The independence of pollen grains: A matter of energy

The pollen grains of maize, rice and all other cereals, need to store starch as energy deposit for later use during fertilization. A research team, led by Dr. Ivan Acosta from the Max Planck Institute for Plant Breeding Research in Cologne, Germany, together with colleagues from the Umeå Plant Science Centre, Sweden, the Max Planck Institute of Molecular Plant Physiology, Germany and Rutgers University, U.S. now identified the phytohormone auxin as a main driver for energy production during pollen maturation in barley.

The study, published in Current Biology, shows a direct link of auxin to pollen fertility, presenting an important tool to improve plant breeding and a major step towards sustainable agriculture.
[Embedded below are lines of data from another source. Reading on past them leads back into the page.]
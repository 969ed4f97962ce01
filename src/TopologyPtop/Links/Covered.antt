-- ===== src/TopologyPtop/Links/Covered.antt =====
-- The maps of topology-ptop.cc have exactly the edges, or exactly the two directions of each, as
-- keys.
use hypatia_multicast.Base.{
  ℕ, ◌*◌, ◌≡◌, sym, ap, subst, ◌∙◌, ◌⊎◌, List, [], ◌∷◌, ok, not, for_each, arith, ltb, ◌==◌,
  Bool-cases, inl, inr, length, In, ◌↔◌, invalid_argument, runtime_error, >>=-eq-ok, Result,
  Ensures, bind, guarded, returns, for_each-inv, Ascends, Ascends-ext, length-le_of_subset,
  if◌then◌else◌,
}
use hypatia_multicast.ExpUtil.Text.{Text}
use hypatia_multicast.ExpUtil.Numbers.{parse_positive_int64}
use hypatia_multicast.ExpUtil.Collections.{parse_map_string}
use hypatia_multicast.ExpUtil.Config.{Config, get_param_or_fail}
use hypatia_multicast.Routing.Ecmp.{Edge}
use hypatia_multicast.Routing.Ecmp.Shortest.{Adjacent}
use hypatia_multicast.TopologyPtop.{TopologyPtop, codes, edge_lt}
use hypatia_multicast.TopologyPtop.Edges.{edge_lt-StrictOrder}
use hypatia_multicast.TopologyPtop.Valid.{IsTopology}
use hypatia_multicast.TopologyPtop.Links.{
  EdgeMap, put_edge, has_edge, has_key, parse_key, put_undirected, parse_undirected_edge_map,
  undirected, put_directed, parse_directed_edge_map, parse_values, fill_undirected, fill_directed,
  is_map, parse_link_channel_delay_ns, parse_directed_property,
}
use hypatia_multicast.TopologyPtop.Links.Keys.{
  keys, KeysAre, Sets, length-keys, has_edge-In, put_edge-KeysAre, both_directions,
  parse_values-Sets, fill_undirected-Sets, both_directions-In, In-both_directions,
  both_directions-Ascends, length-both_directions, fill_directed-Sets,
}

-- All keys that are looked for, and no others.
pub parse_undirected_edge_map-keys :
    (edge_set : List Edge) (value : Text)
    → Ascends edge_lt edge_set
    → Ensures (λ (m : EdgeMap Text). keys m ≡ edge_set) (parse_undirected_edge_map edge_set value)
unfolding parse_undirected_edge_map put_undirected
parse_undirected_edge_map-keys edge_set value asc = bind (parse_map_string value) _ λ pairs _.
    bind (for_each (put_undirected edge_set) [] pairs) _ λ m made.
      guarded (not (length edge_set == length m)) runtime_error _ λ all. returns m (
        let h =
          (for_each-inv (KeysAre (λ e. In e edge_set)) (put_undirected edge_set)
              (λ m p k. bind (parse_key (b'-' ∷ []) p.0) _ λ e _.
                guarded (ltb e.1 e.0) invalid_argument _ λ _.
                  guarded (has_key e m) runtime_error _ λ _.
                    guarded (not (has_edge e edge_set)) runtime_error _ λ known.
                      returns (put_edge e p.1 m) (
                        put_edge-KeysAre (λ e. In e edge_set) e p.1 m
                          (has_edge-In e edge_set (ground arith)) k))
              [] pairs (tt, λ e i. absurd i)).holds
            m made in
        let size = length-keys m in
        (length-le_of_subset edge_lt edge_lt-StrictOrder (keys m) edge_set h.0 asc h.1).1
          (ground (arith, size, all)))

swap-undirected :
    (x y : ℕ) (es : List Edge) → In (undirected (x, y)) es → In (x, y) es ⊎ In (y, x) es
swap-undirected x y es m = elim (Bool-cases (ltb x y)) [
  | inl up ↦ inl (subst (λ t. In (if t then x else y, if t then y else x) es) up m)
  | inr down ↦ inr (subst (λ t. In (if t then x else y, if t then y else x) es) down m)
]

parse_directed_edge_map-keys :
    (edge_set : List Edge) (value : Text)
    → Ensures
        (λ (m : EdgeMap Text). keys m ≡ both_directions edge_set)
        (parse_directed_edge_map edge_set value)
unfolding parse_directed_edge_map put_directed
parse_directed_edge_map-keys edge_set value = bind (parse_map_string value) _ λ pairs _.
    bind (for_each (put_directed edge_set) [] pairs) _ λ m made.
      guarded (not (length edge_set * 2 == length m)) runtime_error _ λ all. returns m (
        let h =
          (for_each-inv (KeysAre (λ e. In e (both_directions edge_set))) (put_directed edge_set)
              (λ m p k. bind (parse_key (b'-' ∷ b'>' ∷ []) p.0) _ λ e _.
                guarded (has_key e m) runtime_error _ λ _.
                  guarded (not (has_edge (undirected e) edge_set)) runtime_error _ λ known.
                    returns (put_edge e p.1 m) (
                      put_edge-KeysAre (λ e. In e (both_directions edge_set)) e p.1 m
                        (In-both_directions e.0 e.1 edge_set (
                          swap-undirected e.0 e.1 edge_set
                            (has_edge-In (undirected e) edge_set (ground arith))))
                        k))
              [] pairs (tt, λ e i. absurd i)).holds
            m made in
        let size = length-keys m in
        let most = length-both_directions edge_set in
        let (le, eq) =
          length-le_of_subset edge_lt edge_lt-StrictOrder (keys m) (both_directions edge_set) h.0
            (both_directions-Ascends edge_set) h.1 in
        eq (ground (arith, size, most, le, all)))

Sets-keys :
    {V : Type 0} (es : List Edge) (r : EdgeMap V) → Ascends edge_lt es → Sets [] es r → keys r ≡ es
Sets-keys es r h sets =
    Ascends-ext edge_lt edge_lt-StrictOrder (keys r) es sets.ascends h
      (λ e i. elim (sets.only e i) [ inl old ↦ absurd old | inr new ↦ new ]) sets.added

-- Each channel has a delay: if `ParseLinkChannelDelayNsProperty` returns, whether the file gives
-- one delay or one for each edge, the keys of the map are the edges of the topology.
pub parse_link_channel_delay_ns-keys :
    (t : TopologyPtop) (config : Config) (m : EdgeMap ℕ)
    → IsTopology t
    → parse_link_channel_delay_ns t config ≡ ok m
    → keys m ≡ t.undirected_edges
unfolding parse_link_channel_delay_ns
parse_link_channel_delay_ns-keys t config m v made =
    let asc : Ascends edge_lt t.undirected_edges_set =
      subst (Ascends edge_lt) (sym v.same_set) v.ascends in
    let (value, e1, e2) =
      >>=-eq-ok (get_param_or_fail (codes "link_channel_delay_ns") config) _ made in
    elim (Bool-cases (is_map value)) [
      | inl per_edge ↦
          let (texts, f1, f2) =
            >>=-eq-ok (parse_undirected_edge_map t.undirected_edges_set value)
              (λ texts. parse_values parse_positive_int64 [] texts) (rw per_edge at e2) in
          let same =
            (parse_undirected_edge_map-keys t.undirected_edges_set value asc).holds texts f1 in
          let sets = (parse_values-Sets parse_positive_int64 [] texts tt).holds m f2 in
          Sets-keys (keys texts) m (subst (Ascends edge_lt) (sym same) asc) sets ∙ same ∙ v.same_set
      | inr one ↦
          let (delay, f1, f2) =
            >>=-eq-ok (parse_positive_int64 value)
              (λ d. ok (fill_undirected d [] t.undirected_edges_set)) (rw one at e2) in
          let same : fill_undirected delay [] t.undirected_edges_set ≡ m = cc in
          ap keys (sym same)
          ∙ Sets-keys t.undirected_edges_set _ asc
              (fill_undirected-Sets delay [] t.undirected_edges_set tt)
          ∙ v.same_set
    ]

parse_directed_property_both :
    {V : Type 0} (key : Text) (parse : Text → Result V) (t : TopologyPtop) (config : Config)
    (m : EdgeMap V)
    → parse_directed_property key parse t config ≡ ok m
    → (e : Edge) → In e (keys m) ↔ In e (both_directions t.undirected_edges_set)
unfolding parse_directed_property
parse_directed_property_both key parse t config m made e =
    let edge_set = t.undirected_edges_set in
    let (value, e1, e2) = >>=-eq-ok (get_param_or_fail key config) _ made in
    elim (Bool-cases (is_map value)) [
      | inl per_edge ↦
          let (texts, f1, f2) =
            >>=-eq-ok (parse_directed_edge_map edge_set value)
              (λ texts. parse_values parse [] texts) (rw per_edge at e2) in
          let same = (parse_directed_edge_map-keys edge_set value).holds texts f1 in
          let sets = (parse_values-Sets parse [] texts tt).holds m f2 in
          let all =
            Sets-keys (keys texts) m
              (subst (Ascends edge_lt) (sym same) (both_directions-Ascends edge_set)) sets
            ∙ same in
          (λ i. subst (In e) all i, λ i. subst (In e) (sym all) i)
      | inr one ↦
          let (v, f1, f2) =
            >>=-eq-ok (parse value) (λ d. ok (fill_directed d [] edge_set)) (rw one at e2) in
          let same : fill_directed v [] edge_set ≡ m = cc in
          let (ks, sets, iff) = fill_directed-Sets v [] edge_set tt in
          (
            λ i. elim (sets.only e (subst (λ r. In e (keys r)) (sym same) i)) [
              | inl old ↦ absurd old
              | inr new ↦ (iff e).0 new
            ],
            λ i. subst (λ r. In e (keys r)) same (sets.added e ((iff e).1 i)),
          )
    ]

-- Each device of a link has its data rate, queue and traffic control discipline: if the reading of
-- such a property returns, whether the file gives one value or one for each direction, there is an
-- entry for (x, y) exactly when an edge joins x and y.
pub parse_directed_property-keys :
    {V : Type 0} (key : Text) (parse : Text → Result V) (t : TopologyPtop) (config : Config)
    (m : EdgeMap V)
    → IsTopology t
    → parse_directed_property key parse t config ≡ ok m
    → (x y : ℕ) → In (x, y) (keys m) ↔ Adjacent t.undirected_edges x y
unfolding parse_directed_property
parse_directed_property-keys key parse t config m v made x y =
    let (to, from) = parse_directed_property_both key parse t config m made (x, y) in
    (
      λ i.
          subst (λ es. Adjacent es x y) v.same_set
            (both_directions-In x y t.undirected_edges_set (to i)),
      λ a. from (
          In-both_directions x y t.undirected_edges_set
            (subst (λ es. Adjacent es x y) (sym v.same_set) a)),
    )
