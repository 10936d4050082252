-- ===== src/Scheduling/History.antt =====
-- apps/api/src/modules/monitoring/effective-cadence.ts: `effectiveCadenceIdentityChanged` and
-- `recordEffectiveCadence`, over the one row of a source in `effective_cadence` and its rows in
-- `effective_cadence_history`, latest first. The transaction is one step; `reason` is left out.
use auto_monitor_bot.Base.{
  ℕ, ◌≡◌, refl, sym, subst, ◌∙◌, Bool, true, false, not, ◌||◌, List, [], ◌∷◌, Option, none, some,
  arith, ◌==◌, if◌then◌else◌, Bool-cases, inl, inr,
}
use auto_monitor_bot.Scheduling.Cadence.{
  EffectiveMode, standard, live, recovery, canary, protected, ValueSource, active_incident,
  recovery_ramp_source, canary_policy, live_baseline, standard_state, persisted_override,
  EffectiveCadence,
}

-- A row of the table or of its history.
pub record CadenceRow : Type 0 where
  pub cadence : EffectiveCadence
  pub changed_at : ℕ
  pub next_expected_run_at : Option ℕ

pub record CadenceStore : Type 0 where
  pub current : Option CadenceRow
  pub history : List CadenceRow

unfoldable pub mode_code : EffectiveMode → ℕ
mode_code standard = 0
mode_code live = 1
mode_code recovery = 2
mode_code canary = 3
mode_code protected = 4

unfoldable pub source_code : ValueSource → ℕ
source_code active_incident = 0
source_code recovery_ramp_source = 1
source_code canary_policy = 2
source_code live_baseline = 3
source_code standard_state = 4
source_code persisted_override = 5

abbrev differs : EffectiveCadence → EffectiveCadence → Bool
differs current next =
    not (mode_code current.mode == mode_code next.mode)
    || not (current.interval_seconds == next.interval_seconds)
    || not (current.jitter_seconds == next.jitter_seconds)
    || not (source_code current.value_source == source_code next.value_source)

unfoldable pub effective_cadence_identity_changed : Option CadenceRow → EffectiveCadence → Bool
effective_cadence_identity_changed none next = true
effective_cadence_identity_changed (some row) next = differs row.cadence next

abbrev updated : Option CadenceRow → EffectiveCadence → Option ℕ → ℕ → Bool → CadenceRow
updated none d next_at observed_at changed = record {
  cadence = d;
  changed_at = observed_at;
  next_expected_run_at = next_at;
}
updated (some row) d next_at observed_at changed = record {
  cadence = d;
  changed_at = if changed then observed_at else row.changed_at;
  next_expected_run_at = next_at;
}

unfoldable pub record_effective_cadence :
    EffectiveCadence → Option ℕ → ℕ → CadenceStore → CadenceStore
record_effective_cadence d next_at observed_at s =
    let changed = effective_cadence_identity_changed s.current d in
    let entry : CadenceRow = record {
      cadence = d;
      changed_at = observed_at;
      next_expected_run_at = next_at;
    } in
    record {
      current = some (updated s.current d next_at observed_at changed);
      history = if changed then entry ∷ s.history else s.history;
    }

-- A list of observations, each with its next run and its time.
unfoldable pub record_all : List (EffectiveCadence × Option ℕ × ℕ) → CadenceStore → CadenceStore
record_all [] s = s
record_all ((d, next_at, at) ∷ ds) s = record_all ds (record_effective_cadence d next_at at s)

-- Each row of a history differs from the one before it.
abbrev pub Alternates : List CadenceRow → Type 0
Alternates [] = Unit
Alternates (r ∷ []) = Unit
Alternates (r ∷ q ∷ rs) = (differs q.cadence r.cadence ≡ true) × Alternates (q ∷ rs)

-- The current row and the latest row of the history show the same cadence since the same time.
abbrev pub Agrees : Option CadenceRow → List CadenceRow → Type 0
Agrees none [] = Unit
Agrees none (r ∷ rs) = ⊥
Agrees (some c) [] = ⊥
Agrees (some c) (r ∷ rs) = (r.cadence ≡ c.cadence) × (r.changed_at ≡ c.changed_at)

pub record IsConsistent (s : CadenceStore) : Type 0 where
  pub alternates : Alternates s.history
  pub agrees : Agrees s.current s.history

mode_code-injective : (a b : EffectiveMode) → mode_code a ≡ mode_code b → a ≡ b
unfolding mode_code
mode_code-injective a b h = ground arith

source_code-injective : (a b : ValueSource) → source_code a ≡ source_code b → a ≡ b
unfolding source_code
source_code-injective a b h = ground arith

eq_of_differs : (a b : EffectiveCadence) → differs a b ≡ false → a ≡ b
eq_of_differs a b h =
    ground (
      arith,
      mode_code-injective a.mode b.mode,
      source_code-injective a.value_source b.value_source,
    )

recorded :
    (d : EffectiveCadence) (next_at : Option ℕ) (at : ℕ) (c : Option CadenceRow)
    (h : List CadenceRow)
    → Alternates h
    → Agrees c h
    → IsConsistent (record_effective_cadence d next_at at (record { current = c; history = h }))
unfolding record_effective_cadence effective_cadence_identity_changed
recorded d next_at at none [] a g = record { alternates = tt; agrees = (refl, refl) }
recorded d next_at at none (r ∷ rs) a g = absurd g
recorded d next_at at (some c) [] a g = absurd g
recorded d next_at at (some c) (r ∷ rs) a g = elim (Bool-cases (differs c.cadence d)) [
  | inl changed ↦ rw changed (record {
    alternates = (subst (λ x. differs x d ≡ true) (sym g.0) changed, a);
    agrees = (refl, refl);
  })
  | inr same ↦
      rw same (record { alternates = a; agrees = (g.0 ∙ eq_of_differs c.cadence d same, g.1) })
]

record_all-IsConsistent :
    (ds : List (EffectiveCadence × Option ℕ × ℕ)) (s : CadenceStore)
    → IsConsistent s
    → IsConsistent (record_all ds s)
unfolding record_all
record_all-IsConsistent [] s v = v
record_all-IsConsistent ((d, next_at, at) ∷ ds) s v =
    record_all-IsConsistent ds (record_effective_cadence d next_at at s)
      (recorded d next_at at s.current s.history v.alternates v.agrees)

-- From empty tables, any sequence of observed cadences leaves a history in which each row differs
-- from the row before it in mode, interval, jitter or value source, and whose latest row shows
-- the current cadence and the time since when it holds.
pub record_all-history :
    (ds : List (EffectiveCadence × Option ℕ × ℕ))
    → IsConsistent (record_all ds (record { current = none; history = [] }))
record_all-history ds = record_all-IsConsistent ds _ (record { alternates = tt; agrees = tt })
After a long day of playing and running around outdoors, we sometimes wonder about the amount of food little children can take in. Depending on the circumstances, their need for energy varies. This variation in energy uptake also occurs very early in development, when our cells need to grow and mature, developing into their different functions. While switches in energy management, regulated by specific hormones and regulators, have been studied in animal cells in great detail, research during plant development stands at its beginnings.

Plants perform photosynthesis for their development and growth. During photosynthesis, carbon dioxide together with water and energy, in the form of light, are transformed to oxygen, glucose (sugar) and starch. The starch is stored as an energy deposit to guarantee that the plant continues to grow and develop when energy from light is not available.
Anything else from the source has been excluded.